* _Task directions_
Would you please copy exactly the line with "-- Run ends" and all lines that follow it in the data below, through the last one?

* _Extracted material_
-- ===== src/Net/Run/Stop.antt =====
-- What Stop does to the loop of Run.
use vwnet_lib.Base.{
  ℕ, ◌≡◌, refl, inl, inr, true, false, List, [], ◌∷◌, ◌++◌, ℤ, pos, int_eq, Map, Bool-cases,
  ==_refl,
}
use vwnet_lib.Venues.Trim.{ltrim}
use vwnet_lib.Net.State.{Sys, Handlers}
use vwnet_lib.Net.Socket.{Inbound, Outbound}
use vwnet_lib.Net.Command.{
  command_text, command, quit, is_unterminated, handle_command, split_command, run_command,
}
use vwnet_lib.Net.Run.{Report, RegisteredHandlers, after_command, run_report, run_reports, run_loop}

-- What Stop writes is read as quit, whatever the handlers are.
handle_command-quit :
    {H : Type 0} (handlers : Map ℤ H) (errno : ℕ)
    → handle_command handlers (command 1 []) errno ≡ quit
unfolding handle_command split_command run_command command command_text ltrim
handle_command-quit handlers errno = refl

quit_terminated : is_unterminated (command 1 []) ≡ false
unfolding command command_text
quit_terminated = refl

module _ {A : Type 0} (h : Handlers A) (ki : Inbound) (ko : Outbound)
    (reg : RegisteredHandlers h ki ko) where
  report-quit :
      (r : Report h ki ko) (s : Sys A)
      → r.cmd_bytes ≡ command 1 []
      → run_report h ki ko reg (pos r.fd) r s ≡ (false, s)
  unfolding run_report after_command
  report-quit r s e =
      let here : int_eq (pos r.fd) (pos r.fd) ≡ true = ==_refl r.fd in
      rw (here, e, handle_command-quit reg.commands r.errno, quit_terminated)

  reports-quit :
      (r : Report h ki ko) (before after : List (Report h ki ko)) (s : Sys A)
      → r.cmd_bytes ≡ command 1 []
      → run_reports h ki ko reg (pos r.fd) (before ++ (r ∷ after)) s
        ≡ (false, (run_reports h ki ko reg (pos r.fd) before s).1)
  unfolding run_reports
  reports-quit r [] after s e = rw (report-quit r s e)
  reports-quit r (b ∷ before) after s e =
      elim (Bool-cases (run_report h ki ko reg (pos r.fd) b s).0) [
        | inl on ↦ rw on (reports-quit r before after _ e)
        | inr off ↦ rw off
      ]

  -- If the command that Stop writes is read from the pipe of commands on an event of a wait, the loop of
  -- Run ends with the state after the events before it in that wait: those behind it, and all later
  -- waits, are not looked at. If one of the events before it is itself a quit, the state is the one at
  -- that quit.
  pub run_loop-command :
      (r : Report h ki ko) (before after : List (Report h ki ko))
      (waits : List (List (Report h ki ko))) (s : Sys A)
      → r.cmd_bytes ≡ command 1 []
      → run_loop h ki ko reg (pos r.fd) ((before ++ (r ∷ after)) ∷ waits) s
        ≡ (run_reports h ki ko reg (pos r.fd) before s).1
  unfolding run_loop
  run_loop-command r [] after waits s e = rw (reports-quit r [] after s e)
  run_loop-command r (b ∷ before) after waits s e = rw (reports-quit r (b ∷ before) after s e)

* _Written solution_
  -- Run ends with the state after the events before it in that wait: those behind it, and all later
  -- waits, are not looked at. If one of the events before it is itself a quit, the state is the one at
  -- that quit.
  pub run_loop-command :
      (r : Report h ki ko) (before after : List (Report h ki ko))
      (waits : List (List (Report h ki ko))) (s : Sys A)
      → r.cmd_bytes ≡ command 1 []
      → run_loop h ki ko reg (pos r.fd) ((before ++ (r ∷ after)) ∷ waits) s
        ≡ (run_reports h ki ko reg (pos r.fd) before s).1
  unfolding run_loop
  run_loop-command r [] after waits s e = rw (reports-quit r [] after s e)
  run_loop-command r (b ∷ before) after waits s e = rw (reports-quit r (b ∷ before) after s e)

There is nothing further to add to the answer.